Душистый аир - страница 10
— Просим барина откушать, — ехидно подзывает Юочбалене Казиса, переминающегося невдалеке. — Картошку-то уж как-нибудь сам облупишь, пальцами — это тебе не Америка.
— Дурака и в церкви бьют, — ворчит Мотеюс, помешивая похлебку. — Все как люди приходят, а он, рыжун…
— Кто с собой долларов привез, а наш Казис — вшей.
Пятрас хохочет, долго не закрывая щербатый рот. Казис возит ложкой по дну миски, позабыв о еде, морщит лоб, покрытый спутанными волосами, не поднимает глаз.
— Такого дурака во всем свете не сыщешь, — снова рычит Мотеюс.
— Я на свое пришел… На свою землю, — наконец тихо произносит Казис, сжимая в руке краюшку хлеба.
— Слыхали? — медленно озирается Мотеюс. — На свое он явился, рыжун…
— Где твоя земля? — Юочбалене глядит на него в упор, стиснув в руке деревянную ложку.

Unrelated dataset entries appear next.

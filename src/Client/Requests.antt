-- ===== src/Client/Requests.antt =====
-- The requests of signal.go on a whole peer.
use mini_sfu.Base.{
  ℕ, ◌==◌, ◌≡◌, refl, ap, sym, subst, ◌∙◌, Option, none, some, List, [], ◌∷◌, ◌⊎◌, inl, inr,
  Bool-cases,
}
use mini_sfu.Publisher
use mini_sfu.Publisher.{Publisher}
use mini_sfu.Sfu.{Sfu}
use mini_sfu.Signal.{
  Method, join, offer, answer, trickle, other_method, Parsers, PeerCalls, Reply, reply_with_error,
  reply_result, reply_error, joined, with_parsed, handle_params,
}
use mini_sfu.Transport.{Transport}
use mini_sfu.Client
use mini_sfu.Client.{
  Link, Client, ClientError, err_transport_exists, err_no_transport_established, Made, client_calls,
  described, answered, answer_with, negotiated, set_remote_with, trickle_to, trickle_with,
  join_unless,
}

module _ {P D C E : Type 0} (t : Transport P D C E) where
  -- A publisher is there.
  abbrev pub HasPublisher : Client P C → Type 0
  HasPublisher c = (p : Publisher P C) × (c.publisher ≡ some p)

  -- The sessions and the place of the peer in them are as before, and a publisher is there.
  pub record Kept (s s' : Sfu × Client P C) : Type 0 where
    pub sfu : s'.0 ≡ s.0
    pub id : s'.1.id ≡ s.1.id
    pub session : s'.1.session ≡ s.1.session
    pub has : HasPublisher s'.1

  pub Kept-trans : (a b c : Sfu × Client P C) → Kept a b → Kept b c → Kept a c
  Kept-trans a b c k l = record {
    sfu = l.sfu ∙ k.sfu;
    id = l.id ∙ k.id;
    session = l.session ∙ k.session;
    has = l.has;
  }

  pub same-Kept : (f : Sfu) (c : Client P C) → HasPublisher c → Kept (f, c) (f, c)
  same-Kept f c has = record { sfu = refl; id = refl; session = refl; has = has }

  answered-Kept :
      (f : Sfu) (c : Client P C) (r : Publisher P C × (E ⊎ D)) → Kept (f, c) (f, (answered t c r).0)
  unfolding answered
  answered-Kept f c (p, inl err) = record { sfu = refl; id = refl; session = refl; has = (p, refl) }
  answered-Kept f c (p, inr desc) = record {
    sfu = refl;
    id = refl;
    session = refl;
    has = (p, refl);
  }

  answer_with-Kept :
      (f : Sfu) (c : Client P C) (d : D) (p : Option (Publisher P C))
      → HasPublisher c
      → Kept (f, c) (f, (answer_with t c d p).0)
  unfolding answer_with
  answer_with-Kept f c d none has = same-Kept f c has
  answer_with-Kept f c d (some p) has = elim (Bool-cases (t.is_stable p.pc)) [
    | inl stable ↦ rw stable (answered-Kept f c (Publisher.answer t p d))
    | inr busy ↦ rw busy (same-Kept f c has)
  ]

  negotiated-Kept :
      (f : Sfu) (c : Client P C) (r : Link P C × Option E)
      → HasPublisher c
      → Kept (f, c) (f, (negotiated t c r).0)
  unfolding negotiated
  negotiated-Kept f c (l, some err) has = record {
    sfu = refl;
    id = refl;
    session = refl;
    has = has;
  }
  negotiated-Kept f c (l, none) has = record { sfu = refl; id = refl; session = refl; has = has }

  set_remote_with-Kept :
      (f : Sfu) (c : Client P C) (d : D) (l : Option (Link P C))
      → HasPublisher c
      → Kept (f, c) (f, (set_remote_with t c d l).0)
  unfolding set_remote_with
  set_remote_with-Kept f c d none has = same-Kept f c has
  set_remote_with-Kept f c d (some l) has =
      negotiated-Kept f c (described t l (t.set_remote_description l.pc d)) has

  trickle_with-Kept :
      (f : Sfu) (c : Client P C) (candidate : C) (target : ℕ) (l : Option (Link P C))
      (p : Option (Publisher P C))
      → HasPublisher c
      → Kept (f, c) (f, (trickle_with t c candidate target l p).0)
  unfolding trickle_with trickle_to
  trickle_with-Kept f c candidate target none p has = same-Kept f c has
  trickle_with-Kept f c candidate target (some l) none has = same-Kept f c has
  trickle_with-Kept f c candidate target (some l) (some p) has = elim (Bool-cases (target == 0)) [
    | inl first ↦ rw first (record {
      sfu = refl;
      id = refl;
      session = refl;
      has = ((Publisher.add_ice_candidate t p candidate).0, refl);
    })
    | inr later ↦ elim (Bool-cases (target == 1)) [
      | inl second ↦
          rw (later, second) (record { sfu = refl; id = refl; session = refl; has = has })
      | inr unknown ↦ rw (later, unknown) (same-Kept f c has)
    ]
  ]

  module _ (world : Sfu × Client P C → Made P) (parsers : Parsers D C (ClientError E)) where
    abbrev pub calls : PeerCalls (Sfu × Client P C) D C (ClientError E)
    calls = client_calls t world

    -- A request, for one that was parsed or not, keeps what its next step keeps.
    with_parsed-Kept :
        {X : Type 0} (s : Sfu × Client P C) (r : ClientError E ⊎ X)
        (next : X → (Sfu × Client P C) × List (Reply D (ClientError E)))
        → HasPublisher s.1
        → ((x : X) → Kept s (next x).0)
        → Kept s (with_parsed parsers calls s r next).0
    unfolding with_parsed
    with_parsed-Kept s (inl err) next has go = same-Kept s.0 s.1 has
    with_parsed-Kept s (inr x) next has go = go x

    reply_result-same :
        (r : (Sfu × Client P C) × (ClientError E ⊎ D)) → (reply_result parsers calls r).0 ≡ r.0
    unfolding reply_result
    reply_result-same (s, inl err) = refl
    reply_result-same (s, inr desc) = refl

    reply_error-same :
        (r : (Sfu × Client P C) × Option (ClientError E)) → (reply_error parsers calls r).0 ≡ r.0
    unfolding reply_error
    reply_error-same (s, none) = refl
    reply_error-same (s, some err) = refl

    join_unless-refused :
        (made : Made P) (s : Sfu × Client P C) (sid : ℕ) (p : Publisher P C)
        (there : Option (Publisher P C))
        → there ≡ some p
        → join_unless {E = E} made s sid there ≡ (s, some err_transport_exists)
    unfolding join_unless
    join_unless-refused made s sid p there e = rw e refl

    -- The case "join" is refused once there is a publisher; the callbacks are set all the same.
    pub joined-refused :
        (s : Sfu × Client P C) (sid : ℕ) (desc : D)
        → HasPublisher s.1
        → joined parsers calls (calls.join (calls.listen s) sid) desc
          ≡ (calls.listen s, reply_with_error err_transport_exists ∷ [])
    unfolding joined Client.join
    joined-refused s sid desc (p, e) =
        ap (λ r. joined parsers calls r desc)
          (join_unless-refused (world (calls.listen s)) (calls.listen s) sid p s.1.publisher e)

    -- What a request comes to once there is a publisher
    pub handle_params-Kept :
        (s : Sfu × Client P C) (m : Method) (bytes : List ℕ)
        → HasPublisher s.1
        → Kept s (handle_params parsers calls s m bytes).0
    unfolding handle_params Client.join Client.answer Client.set_remote_description Client.trickle
    handle_params-Kept s join bytes has =
        with_parsed-Kept s (parsers.parse_join bytes)
          (λ p. joined parsers calls (calls.join (calls.listen s) p.0) p.1) has
          (λ p.
            subst (Kept s) (sym (ap (λ r. r.0) (joined-refused s p.0 p.1 has)))
              (record { sfu = refl; id = refl; session = refl; has = has }))
    handle_params-Kept s offer bytes has =
        with_parsed-Kept s (parsers.parse_negotiation bytes)
          (λ desc. reply_result parsers calls (calls.answer s desc)) has
          (λ desc.
            subst (Kept s) (sym (reply_result-same (calls.answer s desc)))
              (answer_with-Kept s.0 s.1 desc s.1.publisher has))
    handle_params-Kept s answer bytes has =
        with_parsed-Kept s (parsers.parse_negotiation bytes)
          (λ desc. reply_error parsers calls (calls.set_remote_description s desc)) has
          (λ desc.
            subst (Kept s) (sym (reply_error-same (calls.set_remote_description s desc)))
              (set_remote_with-Kept s.0 s.1 desc s.1.subscriber has))
    handle_params-Kept s trickle bytes has =
        with_parsed-Kept s (parsers.parse_trickle bytes)
          (λ p. reply_error parsers calls (calls.trickle s p.0 p.1)) has
          (λ p.
            subst (Kept s) (sym (reply_error-same (calls.trickle s p.0 p.1)))
              (trickle_with-Kept s.0 s.1 p.0 p.1 s.1.subscriber s.1.publisher has))
    handle_params-Kept s other_method bytes has = same-Kept s.0 s.1 has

— Нет тебе здесь земли! — Мотеюс молотит кулаком по столу.
— Нету! — кивает головой Юочбалене.
— Нет! Нет! — выкрикивает, весь красный, Пятрас.
— Это отцовская земля, надо ее поровну разделить. На три части, — поднимает голову Казис; в его голосе слышится настойчивость.
— Дураку — кукиш под нос! — Мотеюс тычет Казису кукиш. — Мы столько лет трудились, пот лили, а ты — что?
— Я тебя в Америку снарядила, последние гроши наскребла, а теперь, когда ты через свою же глупость гол-голехонек, еще и на землю заришься? — Юочбалене от негодования задыхается.
— Не хотите добром, судом потребую, — произносит Казис и, отталкивая миску, выходит из-за стола.
Встает и Мотеюс. Лицо его внезапно зеленеет, он заносит над головой Казиса свои кулачищи, но, тряхнув ими в воздухе, опускает и по-бычьи наклоняет голову.
— Угомони ты этого американца, не то я… — говорит он матери. — Я ни на что не посмотрю, только бы земля в моих руках оставалась.
Казис снимает с ветки косу и медленно, точно взвалив на плечи тяжкую ношу, удаляется. Он идет в луга. Теперь я вдруг ощущаю, как по лбу у меня струится пот, а рубашка прилипла к спине — хоть выжми.
Юочбалене ровно две недели не наведывалась в деревню, из дома ни ногой, чужим глаз не казала. К ней на хутор тоже никто из соседей не ходил — все шептались и, прильнув к щеколдам своих сеней, прислушивались, дивились на дела, которые творились на хуторе под тополями. Наконец старуха не вытерпела и однажды воскресным вечером накинула черный платок да и вышла за ворота. И хотя никто ее не спрашивал, Юочбалене сама выложила всю правду. Ей хотелось излить накопившуюся горечь, как будто это помогает.
Казис делал всякую работу: кормил свиней, собирал листья, резал траву, косил луга, сгребал сено. От зари до вечера. Первым вставал, последним ложился. Юочбалене обнаружила, что за столом оказался лишний рот, и рассчитала батрачку Аготу. Та просилась еще остаться, хотя бы пока полоску картошки себе нароет или угол найдет, но старуха и слушать не желала — велела Мотеюсу запрячь телегу, покидала туда все девкины пожитки и приказала везти в Даржининкай к сестре, а там прямо на дворе все вывалить. Подскакивала на ухабах телега, и плакала в ней Агота. Она вцепилась в свои жалкие тряпки, чтобы не растерять в тряске, и вслух поминала все беды, а изведала она их немало за долгие годы службы у Юочбалене. Казис стоял у ворот с коромыслом на плечах и глядел вслед телеге. Он сгорбился, опустил голову, точно чувствовал себя виноватым.
— Чего уставился? — накинулась на него мачеха. — Поворачивайся-ка живее, картошку пора ставить, горшки пустые на печи.
Заскрипело, покачнулось коромысло.
Иногда, бывало, Казис закончит свои дневные труды и перед сном достанет гармошку, присядет под тополем и заиграет. Играл он осторожно, едва слышно. Издали было похоже на стрекотание кузнечика в траве. Первые аккорды дрожали, обрывались, и казалось, они вот-вот исчезнут, потонут в бескрайней тьме глухого вечера. Видимо, огрубели пальцы у музыканта, утратили гибкость, а в ушах еще стоит поросячий визг, стук ведер да грубая брань. Теперь уж не то, что прежде, когда он, бывало, так и рвет гармонь, шагая в толпе парней по деревенской улице. Но вот звуки становятся уверенней, громче. Все кругом молчит, даже соловей в кустах над речкой Швяндре примолк, только листья тополей тихо шелестят, вторя музыке.